Il fatto è che la maggior parte degli uomini si mette in mare senza pensare all’eventualità di una tempesta.
Se un’argomentazione è valida, non mi vergognerò mai di citare una fonte spregevole: Publilio, più che mai vigoroso sia nei caratteri comici che nei tragici, quando lascia da parte le insulse facezie da mimo e le battute adatte al popolo ignorante, a volte è capace di espressioni degne del teatro tragico più che di quello comico, come ad esempio quando fa dire a un suo personaggio: "A chiunque può accadere ciò che accade a qualcuno".
Chi si imprimerà bene nella memoria questa frase e la farà scendere nel profondo della propria coscienza guarderà con più attenzione ai mali altrui, di cui c’è ogni giorno fin troppa abbondanza di esempi, come se fossero toccati anche a lui: in tal modo sarà sempre difeso, giacché si armerà prima d’essere aggredito.

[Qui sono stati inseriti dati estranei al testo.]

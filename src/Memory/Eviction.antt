-- ===== src/Memory/Eviction.antt =====
-- src/memory.rs: which entries give way to a candidate, and in which order.
pub mod Order
pub mod Victims
use mathlib.Core.Option
use amalgam.Prelude.{
  ℕ, ◌+◌, ◌-◌, Bool, true, false, not, Option, none, some, List, [], ◌∷◌, ◌==◌, ◌&&◌, ◌||◌, ltb,
  leb, length, if◌then◌else◌,
}
use amalgam.Prelude.Assoc.{lookup}
use amalgam.Prelude.Text.{Text, text_eq, text_leb, text_Eq}
use amalgam.Prelude.Result.{Result, ok, err, ◌>>=◌}
use amalgam.Options.Values.{Priority, low, normal, high, never_remove, EntryWeight, eviction_rank}
use amalgam.Entry.Envelope
use amalgam.Entry.Envelope.{Entry}
use amalgam.Memory.{
  MemoryLimits, fits, CapacityRejection, protected_capacity, Handle, CaptureAdmission,
}

-- `Stored`: `access` is the ticket of the last use, `monotonic_expiration` a deadline on the
-- runtime's clock.
pub record Stored {ℓ} (V : Type ℓ) : Type ℓ where
  pub handle : Handle V
  pub access : ℕ
  pub monotonic_expiration : Option ℕ
  pub capture : CaptureAdmission

abbrev pub weight_of : Option EntryWeight → ℕ
weight_of none = 1
weight_of (some w) = w.units

abbrev pub handle_weight {ℓ} : {V : Type ℓ} → Handle V → ℕ
handle_weight h = weight_of (Envelope.size h.entry.meta)

abbrev pub handle_priority {ℓ} : {V : Type ℓ} → Handle V → Priority
handle_priority h = Envelope.priority h.entry.meta

-- `entry_weight`
abbrev pub entry_weight {ℓ} : {V : Type ℓ} → Stored V → ℕ
entry_weight s = handle_weight s.handle

abbrev pub is_pinned : Priority → Bool
is_pinned never_remove = true
is_pinned low = false
is_pinned normal = false
is_pinned high = false

pub record ProjectedCapacity : Type 0 where
  pub entries : ℕ
  pub weight : ℕ

abbrev pub projection_fits : ProjectedCapacity → MemoryLimits → Bool
projection_fits p limits = fits limits p.entries p.weight

pub record EvictionCandidate : Type 0 where
  pub key : Text
  pub priority : Priority
  pub access : ℕ
  pub weight : ℕ

abbrev pub rank : EvictionCandidate → ℕ
rank c = eviction_rank c.priority

-- The order of eviction: the lowest priority first, then the least recently used, then by key.
unfoldable pub precedes : EvictionCandidate → EvictionCandidate → Bool
precedes a b =
    ltb (rank a) (rank b)
    || (rank a == rank b
        && (ltb a.access b.access || (a.access == b.access && text_leb a.key b.key)))

module _ {ℓ} {V : Type ℓ} where
  -- An entry gives way to another key of no lower priority, unless it is pinned.
  unfoldable pub is_evictable : Text → Priority → Text → Stored V → Bool
  is_evictable key priority existing s =
      not (text_eq existing key)
      && (not (is_pinned (handle_priority s.handle))
          && leb (eviction_rank (handle_priority s.handle)) (eviction_rank priority))

  unfoldable pub candidate : Text → Stored V → EvictionCandidate
  candidate k s = record {
    key = k;
    priority = handle_priority s.handle;
    access = s.access;
    weight = entry_weight s;
  }

  unfoldable pub candidates : Text → Priority → List (Text × Stored V) → List EvictionCandidate
  unfolding is_evictable candidate
  candidates key priority [] = []
  candidates key priority ((k, s) ∷ m) =
      let rest = candidates key priority m in
      if is_evictable key priority k s then candidate k s ∷ rest else rest

-- The candidates are sorted; their keys differ, so that any sorting gives this list.
unfoldable pub place : EvictionCandidate → List EvictionCandidate → List EvictionCandidate
place c [] = c ∷ []
place c (d ∷ ds) = let rest = place c ds in if precedes c d then c ∷ d ∷ ds else d ∷ rest

unfoldable pub sort : List EvictionCandidate → List EvictionCandidate
unfolding place
sort [] = []
sort (c ∷ cs) = place c (sort cs)

module _ {ℓ} {V : Type ℓ} where
  unfoldable pub eligible_victims :
      Text → Priority → List (Text × Stored V) → List EvictionCandidate
  unfolding candidates sort
  eligible_victims key priority entries = sort (candidates key priority entries)

-- The loop of `plan`: victims are taken until what is left has room for the candidate.
unfoldable pub take_victims :
    MemoryLimits → ProjectedCapacity → List EvictionCandidate → Result (List Text) CapacityRejection
take_victims limits p [] = err protected_capacity
take_victims limits p (c ∷ cs) =
    let left : ProjectedCapacity = record {
      entries = p.entries - 1;
      weight = p.weight - c.weight;
    } in
    let rest = take_victims limits left cs in
    if projection_fits left limits then ok (c.key ∷ []) else rest >>= λ keys. ok (c.key ∷ keys)

abbrev pub old_weight {ℓ} : {V : Type ℓ} → Option (Stored V) → ℕ
old_weight none = 0
old_weight (some s) = entry_weight s

abbrev pub added {ℓ} : {V : Type ℓ} → Option (Stored V) → ℕ
added none = 1
added (some s) = 0

module _ {ℓ} {V : Type ℓ} where
  -- What the store would hold with the candidate in place of what its key holds.
  unfoldable pub projection : List (Text × Stored V) → ℕ → Text → ℕ → ProjectedCapacity
  projection entries total key weight = record {
    entries = length entries + added (lookup key entries);
    weight = total - old_weight (lookup key entries) + weight;
  }

  unfoldable pub plan :
      MemoryLimits
      → List (Text × Stored V)
      → ℕ
      → Text
      → ℕ
      → Priority
      → Result (List Text) CapacityRejection
  unfolding projection take_victims eligible_victims
  plan limits entries total key weight priority =
      let projected = projection entries total key weight in
      if projection_fits projected limits
      then ok []
      else take_victims limits projected (eligible_victims key priority entries)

È nocivo abituarsi tardi alle sventure, rassegnarsi alla sopportazione quando ci hanno già assalito. Non ha senso esclamare: "Non avrei mai pensato che le cose andassero così" o "Chi avrebbe mai sospettato una cosa simile?". Ah, no? Non sapevi che non esiste ricchezza che non sia seguita da povertà, fame e umilianti ristrettezze?...
Non c’è regno che non sia votato alla rovina, all’infamia di un tiranno o di un carnefice.
Il senso della misura
Ed ecco un altro consiglio: non sprecare le tue energie in attività inutili e vane. Il che equivale a dire: non desiderare mete irraggiungibili o che, una volta raggiunte, rivelino troppo tardi l’inconsistenza del desiderio; cerca sempre di fare in modo che la fatica non sia inutile, che un qualche risultato ci sia, possibilmente adeguato all’impegno profuso nell’impresa.
Di qui nasce infatti, quasi sempre, lo sconforto: dal non aver successo o dal vergognarsi del successo conseguito. Occorre anche porre un limite a quel correre continuo di qua e di là, da casa a teatro, da casa al foro, come fa tanta gente che si presenta sempre con l’aria d’essere seriamente indaffarata a chi è davvero immerso in occupazioni serie. Se a una di queste persone domanderai, mentre sta uscendo di casa, dove stia andando o cos’abbia in mente di fare, ti risponderà che non ne ha idea: "Qualcuno comunque incontrerò, qualche cosa farò".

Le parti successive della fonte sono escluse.